What the task asks
Make an exact copy of the entries below.

Data records
········
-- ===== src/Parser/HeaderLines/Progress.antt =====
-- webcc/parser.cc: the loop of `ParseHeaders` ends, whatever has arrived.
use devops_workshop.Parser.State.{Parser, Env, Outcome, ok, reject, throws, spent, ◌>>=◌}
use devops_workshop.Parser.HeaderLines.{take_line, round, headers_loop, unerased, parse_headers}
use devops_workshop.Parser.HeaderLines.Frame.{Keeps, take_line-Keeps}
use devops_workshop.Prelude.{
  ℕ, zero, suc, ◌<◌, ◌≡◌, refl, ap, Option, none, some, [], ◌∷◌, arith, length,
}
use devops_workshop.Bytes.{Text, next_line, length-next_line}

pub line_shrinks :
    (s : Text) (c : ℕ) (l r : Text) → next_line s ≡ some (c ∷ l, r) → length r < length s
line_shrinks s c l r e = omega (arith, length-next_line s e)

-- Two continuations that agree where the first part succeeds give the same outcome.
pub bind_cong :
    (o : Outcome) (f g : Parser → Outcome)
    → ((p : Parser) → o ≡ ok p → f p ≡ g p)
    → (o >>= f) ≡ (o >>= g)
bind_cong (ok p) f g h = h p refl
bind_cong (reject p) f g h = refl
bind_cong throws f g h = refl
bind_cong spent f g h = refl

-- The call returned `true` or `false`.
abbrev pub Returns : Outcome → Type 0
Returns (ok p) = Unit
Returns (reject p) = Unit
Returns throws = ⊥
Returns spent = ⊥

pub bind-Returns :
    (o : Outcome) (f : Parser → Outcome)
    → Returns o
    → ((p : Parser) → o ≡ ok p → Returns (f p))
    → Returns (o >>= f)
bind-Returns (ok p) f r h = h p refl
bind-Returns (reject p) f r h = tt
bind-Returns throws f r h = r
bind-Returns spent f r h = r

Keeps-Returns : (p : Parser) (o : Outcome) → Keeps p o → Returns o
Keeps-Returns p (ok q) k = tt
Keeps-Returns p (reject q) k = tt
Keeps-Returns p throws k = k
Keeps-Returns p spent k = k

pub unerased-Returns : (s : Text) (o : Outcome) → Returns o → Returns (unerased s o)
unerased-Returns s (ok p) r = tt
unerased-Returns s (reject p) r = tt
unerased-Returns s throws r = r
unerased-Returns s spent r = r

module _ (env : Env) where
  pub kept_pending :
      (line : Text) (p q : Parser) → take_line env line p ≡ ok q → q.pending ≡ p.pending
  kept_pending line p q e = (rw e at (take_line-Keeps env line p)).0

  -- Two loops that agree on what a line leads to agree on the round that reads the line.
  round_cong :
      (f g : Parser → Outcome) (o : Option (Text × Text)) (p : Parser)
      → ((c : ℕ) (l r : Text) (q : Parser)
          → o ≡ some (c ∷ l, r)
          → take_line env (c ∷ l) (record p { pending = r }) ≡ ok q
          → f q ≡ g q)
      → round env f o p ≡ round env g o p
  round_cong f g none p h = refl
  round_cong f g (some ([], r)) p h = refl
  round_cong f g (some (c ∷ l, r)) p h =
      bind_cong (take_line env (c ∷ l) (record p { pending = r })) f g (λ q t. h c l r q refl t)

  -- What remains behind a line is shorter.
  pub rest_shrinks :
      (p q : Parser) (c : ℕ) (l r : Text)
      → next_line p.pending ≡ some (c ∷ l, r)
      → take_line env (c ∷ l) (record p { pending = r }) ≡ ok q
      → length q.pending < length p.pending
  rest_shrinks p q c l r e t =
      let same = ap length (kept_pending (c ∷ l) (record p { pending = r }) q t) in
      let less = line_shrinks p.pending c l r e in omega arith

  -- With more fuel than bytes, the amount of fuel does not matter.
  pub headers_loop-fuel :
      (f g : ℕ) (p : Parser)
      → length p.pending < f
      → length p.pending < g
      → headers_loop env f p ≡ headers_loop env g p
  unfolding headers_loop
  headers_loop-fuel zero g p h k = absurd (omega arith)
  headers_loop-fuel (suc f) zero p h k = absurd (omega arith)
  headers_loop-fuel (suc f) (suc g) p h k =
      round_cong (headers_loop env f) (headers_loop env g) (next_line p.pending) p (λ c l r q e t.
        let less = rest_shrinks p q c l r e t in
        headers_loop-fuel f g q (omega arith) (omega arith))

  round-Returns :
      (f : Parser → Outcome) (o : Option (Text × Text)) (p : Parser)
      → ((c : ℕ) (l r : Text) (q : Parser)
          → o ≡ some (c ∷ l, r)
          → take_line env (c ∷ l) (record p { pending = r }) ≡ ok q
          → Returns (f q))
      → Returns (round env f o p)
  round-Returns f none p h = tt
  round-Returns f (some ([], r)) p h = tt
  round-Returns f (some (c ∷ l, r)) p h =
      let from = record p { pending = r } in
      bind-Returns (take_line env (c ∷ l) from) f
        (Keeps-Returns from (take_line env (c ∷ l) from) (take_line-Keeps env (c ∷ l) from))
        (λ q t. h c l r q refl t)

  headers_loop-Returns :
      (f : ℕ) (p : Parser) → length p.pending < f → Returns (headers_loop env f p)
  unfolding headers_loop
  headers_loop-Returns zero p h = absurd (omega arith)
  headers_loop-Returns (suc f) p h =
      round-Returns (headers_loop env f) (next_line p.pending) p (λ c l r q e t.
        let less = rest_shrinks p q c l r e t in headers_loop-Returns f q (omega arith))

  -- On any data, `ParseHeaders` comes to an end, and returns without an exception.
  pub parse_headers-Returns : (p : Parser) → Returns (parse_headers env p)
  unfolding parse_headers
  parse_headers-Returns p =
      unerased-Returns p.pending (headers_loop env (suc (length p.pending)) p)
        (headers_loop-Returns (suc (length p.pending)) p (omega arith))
········
Answer to this task
-- ===== src/Parser/HeaderLines/Progress.antt =====
-- webcc/parser.cc: the loop of `ParseHeaders` ends, whatever has arrived.
use devops_workshop.Parser.State.{Parser, Env, Outcome, ok, reject, throws, spent, ◌>>=◌}
use devops_workshop.Parser.HeaderLines.{take_line, round, headers_loop, unerased, parse_headers}
use devops_workshop.Parser.HeaderLines.Frame.{Keeps, take_line-Keeps}
use devops_workshop.Prelude.{
  ℕ, zero, suc, ◌<◌, ◌≡◌, refl, ap, Option, none, some, [], ◌∷◌, arith, length,
}
use devops_workshop.Bytes.{Text, next_line, length-next_line}

pub line_shrinks :
    (s : Text) (c : ℕ) (l r : Text) → next_line s ≡ some (c ∷ l, r) → length r < length s
line_shrinks s c l r e = omega (arith, length-next_line s e)

-- Two continuations that agree where the first part succeeds give the same outcome.
pub bind_cong :
    (o : Outcome) (f g : Parser → Outcome)
    → ((p : Parser) → o ≡ ok p → f p ≡ g p)
    → (o >>= f) ≡ (o >>= g)
bind_cong (ok p) f g h = h p refl
bind_cong (reject p) f g h = refl
bind_cong throws f g h = refl
bind_cong spent f g h = refl

-- The call returned `true` or `false`.
abbrev pub Returns : Outcome → Type 0
Returns (ok p) = Unit
Returns (reject p) = Unit
Returns throws = ⊥
Returns spent = ⊥

pub bind-Returns :
    (o : Outcome) (f : Parser → Outcome)
    → Returns o
    → ((p : Parser) → o ≡ ok p → Returns (f p))
    → Returns (o >>= f)
bind-Returns (ok p) f r h = h p refl
bind-Returns (reject p) f r h = tt
bind-Returns throws f r h = r
bind-Returns spent f r h = r

Keeps-Returns : (p : Parser) (o : Outcome) → Keeps p o → Returns o
Keeps-Returns p (ok q) k = tt
Keeps-Returns p (reject q) k = tt
Keeps-Returns p throws k = k
Keeps-Returns p spent k = k

pub unerased-Returns : (s : Text) (o : Outcome) → Returns o → Returns (unerased s o)
unerased-Returns s (ok p) r = tt
unerased-Returns s (reject p) r = tt
unerased-Returns s throws r = r
unerased-Returns s spent r = r

module _ (env : Env) where
  pub kept_pending :
      (line : Text) (p q : Parser) → take_line env line p ≡ ok q → q.pending ≡ p.pending
  kept_pending line p q e = (rw e at (take_line-Keeps env line p)).0

  -- Two loops that agree on what a line leads to agree on the round that reads the line.
  round_cong :
      (f g : Parser → Outcome) (o : Option (Text × Text)) (p : Parser)
      → ((c : ℕ) (l r : Text) (q : Parser)
          → o ≡ some (c ∷ l, r)
          → take_line env (c ∷ l) (record p { pending = r }) ≡ ok q
          → f q ≡ g q)
      → round env f o p ≡ round env g o p
  round_cong f g none p h = refl
  round_cong f g (some ([], r)) p h = refl
  round_cong f g (some (c ∷ l, r)) p h =
      bind_cong (take_line env (c ∷ l) (record p { pending = r })) f g (λ q t. h c l r q refl t)

  -- What remains behind a line is shorter.
  pub rest_shrinks :
      (p q : Parser) (c : ℕ) (l r : Text)
      → next_line p.pending ≡ some (c ∷ l, r)
      → take_line env (c ∷ l) (record p { pending = r }) ≡ ok q
      → length q.pending < length p.pending
  rest_shrinks p q c l r e t =
      let same = ap length (kept_pending (c ∷ l) (record p { pending = r }) q t) in
      let less = line_shrinks p.pending c l r e in omega arith

  -- With more fuel than bytes, the amount of fuel does not matter.
  pub headers_loop-fuel :
      (f g : ℕ) (p : Parser)
      → length p.pending < f
      → length p.pending < g
      → headers_loop env f p ≡ headers_loop env g p
  unfolding headers_loop
  headers_loop-fuel zero g p h k = absurd (omega arith)
  headers_loop-fuel (suc f) zero p h k = absurd (omega arith)
  headers_loop-fuel (suc f) (suc g) p h k =
      round_cong (headers_loop env f) (headers_loop env g) (next_line p.pending) p (λ c l r q e t.
        let less = rest_shrinks p q c l r e t in
        headers_loop-fuel f g q (omega arith) (omega arith))

  round-Returns :
      (f : Parser → Outcome) (o : Option (Text × Text)) (p : Parser)
      → ((c : ℕ) (l r : Text) (q : Parser)
          → o ≡ some (c ∷ l, r)
          → take_line env (c ∷ l) (record p { pending = r }) ≡ ok q
          → Returns (f q))
      → Returns (round env f o p)
  round-Returns f none p h = tt
  round-Returns f (some ([], r)) p h = tt
  round-Returns f (some (c ∷ l, r)) p h =
      let from = record p { pending = r } in
      bind-Returns (take_line env (c ∷ l) from) f
        (Keeps-Returns from (take_line env (c ∷ l) from) (take_line-Keeps env (c ∷ l) from))
        (λ q t. h c l r q refl t)

  headers_loop-Returns :
      (f : ℕ) (p : Parser) → length p.pending < f → Returns (headers_loop env f p)
  unfolding headers_loop
  headers_loop-Returns zero p h = absurd (omega arith)
  headers_loop-Returns (suc f) p h =
      round-Returns (headers_loop env f) (next_line p.pending) p (λ c l r q e t.
        let less = rest_shrinks p q c l r e t in headers_loop-Returns f q (omega arith))

  -- On any data, `ParseHeaders` comes to an end, and returns without an exception.
  pub parse_headers-Returns : (p : Parser) → Returns (parse_headers env p)
  unfolding parse_headers
  parse_headers-Returns p =
      unerased-Returns p.pending (headers_loop env (suc (length p.pending)) p)
        (headers_loop-Returns (suc (length p.pending)) p (omega arith))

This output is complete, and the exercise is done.